Note that to enable grid synchronization, kernels must be launched via the host cudaLaunchCooperativeKernel launch API instead of the more familiar <<<...>>> execution configuration syntax. Additionally, grids must be sized appropriately to guarantee that all the blocks in the grid are resident on the GPU’s streaming multiprocessors (SMs). An upper bound for the grid size can be determined by programmatically querying the number of blocks that can reside on a single SM via the cudaOccupancyMaxActiveBlocksPerMultiprocessor API call, and then multiplying by the number of SMs on the GPU. Given the constraints on grid size, using the same 1 thread per input/output element strategy as the two-pass normalization approach would also limit the maximum size of the input array. To maintain flexibility, instead of requiring 1 thread per input/output element, the GridSynchronizationNormalization kernel uses grid stride loops.

Performance

The table below shows the relative performance of the two approaches on a Tesla P100 GPU.

Implementation

Execution Time (uS)

Two-pass

46.8 (27.4 + 19.4)

GridSynchronizationNormalize

34.4 

GridSynchronizationNormalize is faster than the two-pass approach.  However, it still does more work than necessary.  The advantage of using grid synchronization is that it allows stateful approaches where data persists in registers and/or shared memory after the synchronization, which isn’t possible in the two-stage implementation.

One-Pass Normalization Via Stateful Grid Synchronization

The GridSynchronizationStatefulNormalization kernel uses shared memory to reduce global memory traffic.  The first part of the kernel finds the maximum absolute value while also explicitly caching input elements in shared memory.  After the grid synchronization operation, instead of rereading the input values for the scaling operation as in the other kernels, they are read directly from shared memory.  The table below shows the performance improvements from the stateful approach:

Implementation

Execution Time (uS)

Two-pass

46.8 (27.4 + 19.4)

GridSynchronizationNormalize

34.4

GridSynchronizationStatefulNormalize

25.4

 

The improved performance of the stateful approach comes at a price.  With the stateful approach, the input elements must fit within the GPU’s aggregate shared memory capacity.  On a Tesla P100, the input array can contain no larger than 56 SMs * 64 KB/SM / 4 bytes/element = 917504 elements.  On a Tesla V100, the largest array we can support increases to 80 SMs * 96 KB/SM / 4 bytes/element = 1966080 elements.  These size limitations make the GridSynchronizationStatefulNormalize kernel less scalable than the alternatives.  The stateful approach could be employed as part of an optimized path for smaller data sets, with automatic fallback to the stateless approach for larger data sets.

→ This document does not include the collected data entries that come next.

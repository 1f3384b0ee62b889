-- ===== src/Config/Checks.antt =====
-- What a configuration that loads holds.
use mathlib.Core.Path.{subst}
use wireguard_babeld_igp.Base.{
  ◌≡◌, ◌≢◌, ◌↔◌, refl, String, Bool, arith, Option, ◌=?◌, string_key, if_neg,
}
use wireguard_babeld_igp.Base.Int.{ℤ, pos, int_key, ◌<ℤ◌}
use wireguard_babeld_igp.Errors.{Error, Result, ok, err, wrapped, ◌>>=◌, ◌>>◌}
use wireguard_babeld_igp.Config.{
  ServerConfig, required, positive, validate, load_config, load_server_config,
  resolve_relative_paths,
}

-- The fields that Validate asks for.
abbrev pub IsComplete : ServerConfig → Type 0
IsComplete c =
    (c.server.host ≢ "")
    × (pos 0 <ℤ c.server.port)
    × (pos 0 <ℤ c.network.base_port)
    × (c.network.ipv4_range ≢ "")
    × (c.network.ipv6_range ≢ "")
    × (c.storage.type ≢ "")

required_lem : (text s : String) → (required text s ≡ ok tt) ↔ (s ≢ "")
unfolding required
required_lem text s = (λ h e. ground arith, λ n. if_neg (s =? "") n _ _)

positive_lem : (text : String) (z : ℤ) → (positive text z ≡ ok tt) ↔ (pos 0 <ℤ z)
unfolding positive
positive_lem text z = (λ h. ground arith, λ h. ground arith)

then_lem : (m k : Result (Unit {0})) → ((m >> k) ≡ ok tt) ↔ ((m ≡ ok tt) × (k ≡ ok tt))
then_lem (ok u) k = (λ h. (refl, h), λ h. h.1)
then_lem (err e) k = (λ h. cc, λ h. cc)

-- Validate accepts a configuration exactly when it has a host, an IPv4 range, an IPv6 range and a
-- storage type, and its two ports are positive.
pub validate_lem : (c : ServerConfig) → (validate c ≡ ok tt) ↔ IsComplete c
unfolding validate
validate_lem c =
    let host = required_lem "server.host is required" c.server.host in
    let port = positive_lem "invalid server.port: " c.server.port in
    let base = positive_lem "invalid network.base_port: " c.network.base_port in
    let ipv4 = required_lem "network.ipv4_range is required" c.network.ipv4_range in
    let ipv6 = required_lem "network.ipv6_range is required" c.network.ipv6_range in
    let storage = required_lem "storage.type is required" c.storage.type in
    let r1 : Result (Unit {0}) = required "server.host is required" c.server.host in
    let r2 : Result (Unit {0}) = r1 >> positive "invalid server.port: " c.server.port in
    let r3 : Result (Unit {0}) = r2 >> positive "invalid network.base_port: " c.network.base_port in
    let r4 : Result (Unit {0}) =
      r3 >> required "network.ipv4_range is required" c.network.ipv4_range in
    let r5 : Result (Unit {0}) =
      r4 >> required "network.ipv6_range is required" c.network.ipv6_range in
    (
      λ h.
          let (h5, t) = (then_lem r5 (required "storage.type is required" c.storage.type)).0 h in
          let (h4, v6) =
            (then_lem r4 (required "network.ipv6_range is required" c.network.ipv6_range)).0 h5 in
          let (h3, v4) =
            (then_lem r3 (required "network.ipv4_range is required" c.network.ipv4_range)).0 h4 in
          let (h2, b) =
            (then_lem r2 (positive "invalid network.base_port: " c.network.base_port)).0 h3 in
          let (h1, p) = (then_lem r1 (positive "invalid server.port: " c.server.port)).0 h2 in
          (host.0 h1, port.0 p, base.0 b, ipv4.0 v4, ipv6.0 v6, storage.0 t),
      λ (h, p, b, v4, v6, t).
          rw (host.1 h, port.1 p, base.1 b, ipv4.1 v4, ipv6.1 v6, storage.1 t) refl,
    )

then_ok :
    {A : Type 0} (text : String) (m : Result (Unit {0})) (a b : A)
    → (wrapped text m >> ok a) ≡ ok b
    → (m ≡ ok tt) × (a ≡ b)
then_ok text (ok u) a b h = (refl, cc)
then_ok text (err e) a b h = cc

wrapped_ok : {A : Type 0} (text : String) (r : Result A) (a : A) → wrapped text r ≡ ok a → r ≡ ok a
wrapped_ok text (ok b) a h = h
wrapped_ok text (err e) a h = cc

bind_ok :
    {A B : Type 0} (r : Result A) (f : A → Result B) (b : B)
    → (r >>= f) ≡ ok b
    → (a : A) × (r ≡ ok a) × (f a ≡ ok b)
bind_ok (ok a) f b h = (a, refl, h)
bind_ok (err e) f b h = cc

-- A server's configuration that loads is complete, before its paths are resolved.
pub load_server_config-IsComplete :
    (is_abs : String → Bool) (join : String → String → String)
    (parse : String → Result ServerConfig) (mkdir : String → Option Error) (base : String)
    (read : Result String) (c : ServerConfig)
    → load_server_config is_abs join parse mkdir base read ≡ ok c
    → (c' : ServerConfig) × IsComplete c'
      × (resolve_relative_paths is_abs join mkdir base c' ≡ ok c)
unfolding load_server_config load_config
load_server_config-IsComplete is_abs join parse mkdir base read c h =
    let (c', e, f) = bind_ok (load_config parse validate read) _ c h in
    let (d, r, e2) = bind_ok (wrapped "reading config file" read) _ c' e in
    let (c2, p, e3) = bind_ok (wrapped "parsing config file" (parse d)) _ c' e2 in
    let (valid, same) = then_ok "validating config" (validate c2) c2 c' e3 in
    (c', subst IsComplete same ((validate_lem c2).0 valid), wrapped_ok "resolving paths" _ c f)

Potential Mistakes When Developing Grid Synchronization Code

 One of the strengths of the CUDA C programming model compared to other heterogeneous models like OpenCL, Vulkan, or even the CUDA Driver API, is that host and device code are combined into a single-source file.  This advantage is especially evident when using CUDA’s <<<…>>> kernel launch operator.  The kernel launch operator facilitates compile-time error checking to ensure that kernels are invoked with the expected number of arguments, and that each kernel argument is of the expected type.  No compile-time error checking is performed when using the cudaLaunchCooperativeKernel API call to launch a kernel that uses grid synchronization.  Beware that passing an incorrect number of arguments, or arguments of incorrect type through the void** args parameter results in undefined runtime behavior not a compile time error!  A quick experiment omitting the final argument to GridSynchronizationNormalize resulted in a segmentation fault.

cudaLaunchCooperativeKernel does validate its  gridDim, blockDim and sharedMem arguments to ensure that all blocks of the grid are resident on the GPUs SMs and in the event of an error returns the error code cudaErrorCooperativeLaunchTooLarge = 82 with corresponding error string “too many blocks in cooperative launch”.